(Stored items)
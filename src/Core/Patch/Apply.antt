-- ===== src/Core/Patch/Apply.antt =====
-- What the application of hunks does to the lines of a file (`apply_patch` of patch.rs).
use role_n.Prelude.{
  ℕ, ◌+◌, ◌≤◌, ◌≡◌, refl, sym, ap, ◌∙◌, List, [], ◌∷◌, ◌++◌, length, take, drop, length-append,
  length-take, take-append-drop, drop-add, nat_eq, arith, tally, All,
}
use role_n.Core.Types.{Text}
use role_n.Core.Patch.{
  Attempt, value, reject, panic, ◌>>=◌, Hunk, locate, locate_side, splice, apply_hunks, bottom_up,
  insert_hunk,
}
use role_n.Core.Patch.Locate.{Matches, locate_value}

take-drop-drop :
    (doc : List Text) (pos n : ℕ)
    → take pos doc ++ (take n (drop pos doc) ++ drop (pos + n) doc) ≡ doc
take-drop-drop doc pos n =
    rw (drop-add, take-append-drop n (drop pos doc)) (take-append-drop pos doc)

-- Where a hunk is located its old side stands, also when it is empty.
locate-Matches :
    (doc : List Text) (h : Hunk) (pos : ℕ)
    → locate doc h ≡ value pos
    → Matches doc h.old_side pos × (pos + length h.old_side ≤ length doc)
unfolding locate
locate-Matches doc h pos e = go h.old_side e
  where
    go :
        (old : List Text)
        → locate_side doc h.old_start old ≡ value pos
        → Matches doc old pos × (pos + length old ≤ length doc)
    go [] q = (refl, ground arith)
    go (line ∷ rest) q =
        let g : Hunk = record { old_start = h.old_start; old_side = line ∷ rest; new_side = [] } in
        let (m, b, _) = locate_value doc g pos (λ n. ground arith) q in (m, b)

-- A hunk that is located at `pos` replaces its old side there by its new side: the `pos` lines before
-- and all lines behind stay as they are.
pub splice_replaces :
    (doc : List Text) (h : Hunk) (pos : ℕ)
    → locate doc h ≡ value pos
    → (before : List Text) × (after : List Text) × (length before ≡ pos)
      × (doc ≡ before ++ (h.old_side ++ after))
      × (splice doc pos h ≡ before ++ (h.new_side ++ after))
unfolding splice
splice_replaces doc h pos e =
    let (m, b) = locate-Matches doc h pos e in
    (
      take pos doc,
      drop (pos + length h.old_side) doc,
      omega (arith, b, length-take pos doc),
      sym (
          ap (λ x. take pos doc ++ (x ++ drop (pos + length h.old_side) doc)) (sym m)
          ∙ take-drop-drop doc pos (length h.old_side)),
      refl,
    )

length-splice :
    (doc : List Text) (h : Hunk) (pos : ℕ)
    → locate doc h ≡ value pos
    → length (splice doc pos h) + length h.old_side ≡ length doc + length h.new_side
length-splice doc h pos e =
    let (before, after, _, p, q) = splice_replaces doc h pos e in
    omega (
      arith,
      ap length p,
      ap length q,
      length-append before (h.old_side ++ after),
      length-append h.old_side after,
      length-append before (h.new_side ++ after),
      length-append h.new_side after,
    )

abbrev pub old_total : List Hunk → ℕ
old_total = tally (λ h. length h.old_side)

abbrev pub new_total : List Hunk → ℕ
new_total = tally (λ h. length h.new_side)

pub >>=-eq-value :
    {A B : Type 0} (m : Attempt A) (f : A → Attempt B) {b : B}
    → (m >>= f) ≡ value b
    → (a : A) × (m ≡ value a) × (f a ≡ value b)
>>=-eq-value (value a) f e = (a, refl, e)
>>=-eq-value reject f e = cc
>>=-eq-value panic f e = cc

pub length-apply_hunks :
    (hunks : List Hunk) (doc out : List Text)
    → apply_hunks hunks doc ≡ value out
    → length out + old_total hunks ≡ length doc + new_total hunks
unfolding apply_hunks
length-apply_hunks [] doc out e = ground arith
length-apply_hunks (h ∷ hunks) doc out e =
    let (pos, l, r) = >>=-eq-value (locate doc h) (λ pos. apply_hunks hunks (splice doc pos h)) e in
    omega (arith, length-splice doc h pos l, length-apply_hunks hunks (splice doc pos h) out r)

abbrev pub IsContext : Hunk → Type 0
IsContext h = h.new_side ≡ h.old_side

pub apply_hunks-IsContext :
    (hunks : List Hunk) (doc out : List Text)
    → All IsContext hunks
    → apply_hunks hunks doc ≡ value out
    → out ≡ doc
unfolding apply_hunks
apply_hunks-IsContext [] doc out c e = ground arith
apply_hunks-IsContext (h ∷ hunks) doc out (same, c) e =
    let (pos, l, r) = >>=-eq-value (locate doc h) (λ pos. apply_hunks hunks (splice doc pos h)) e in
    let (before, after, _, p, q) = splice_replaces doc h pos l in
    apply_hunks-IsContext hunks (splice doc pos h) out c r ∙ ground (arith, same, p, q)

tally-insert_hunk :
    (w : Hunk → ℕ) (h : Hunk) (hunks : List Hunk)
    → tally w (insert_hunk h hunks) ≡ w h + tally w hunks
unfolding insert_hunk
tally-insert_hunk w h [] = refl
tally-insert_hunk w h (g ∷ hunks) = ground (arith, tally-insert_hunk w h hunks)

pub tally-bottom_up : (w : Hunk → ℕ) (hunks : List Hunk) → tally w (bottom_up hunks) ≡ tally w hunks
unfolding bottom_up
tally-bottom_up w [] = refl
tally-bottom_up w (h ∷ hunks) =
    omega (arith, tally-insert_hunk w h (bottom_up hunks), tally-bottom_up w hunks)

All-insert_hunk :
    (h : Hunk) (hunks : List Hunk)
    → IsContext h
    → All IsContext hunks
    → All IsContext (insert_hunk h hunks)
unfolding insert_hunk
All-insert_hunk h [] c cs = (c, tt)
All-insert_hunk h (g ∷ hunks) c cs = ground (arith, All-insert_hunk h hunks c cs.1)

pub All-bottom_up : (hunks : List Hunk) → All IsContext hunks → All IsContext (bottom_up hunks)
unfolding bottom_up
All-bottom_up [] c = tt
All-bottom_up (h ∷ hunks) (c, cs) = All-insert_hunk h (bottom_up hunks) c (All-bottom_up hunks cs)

Problem to solve: From the very first line of the records down to the line with "-- A hunk that", please write out each line exactly, including both ends and no other lines.

Your response:
filename src/Core/Patch/Apply.antt
-- ===== src/Core/Patch/Apply.antt =====
-- What the application of hunks does to the lines of a file (`apply_patch` of patch.rs).
use role_n.Prelude.{
  ℕ, ◌+◌, ◌≤◌, ◌≡◌, refl, sym, ap, ◌∙◌, List, [], ◌∷◌, ◌++◌, length, take, drop, length-append,
  length-take, take-append-drop, drop-add, nat_eq, arith, tally, All,
}
use role_n.Core.Types.{Text}
use role_n.Core.Patch.{
  Attempt, value, reject, panic, ◌>>=◌, Hunk, locate, locate_side, splice, apply_hunks, bottom_up,
  insert_hunk,
}
use role_n.Core.Patch.Locate.{Matches, locate_value}

take-drop-drop :
    (doc : List Text) (pos n : ℕ)
    → take pos doc ++ (take n (drop pos doc) ++ drop (pos + n) doc) ≡ doc
take-drop-drop doc pos n =
    rw (drop-add, take-append-drop n (drop pos doc)) (take-append-drop pos doc)

-- Where a hunk is located its old side stands, also when it is empty.
locate-Matches :
    (doc : List Text) (h : Hunk) (pos : ℕ)
    → locate doc h ≡ value pos
    → Matches doc h.old_side pos × (pos + length h.old_side ≤ length doc)
unfolding locate
locate-Matches doc h pos e = go h.old_side e
  where
    go :
        (old : List Text)
        → locate_side doc h.old_start old ≡ value pos
        → Matches doc old pos × (pos + length old ≤ length doc)
    go [] q = (refl, ground arith)
    go (line ∷ rest) q =
        let g : Hunk = record { old_start = h.old_start; old_side = line ∷ rest; new_side = [] } in
        let (m, b, _) = locate_value doc g pos (λ n. ground arith) q in (m, b)

-- A hunk that is located at `pos` replaces its old side there by its new side: the `pos` lines before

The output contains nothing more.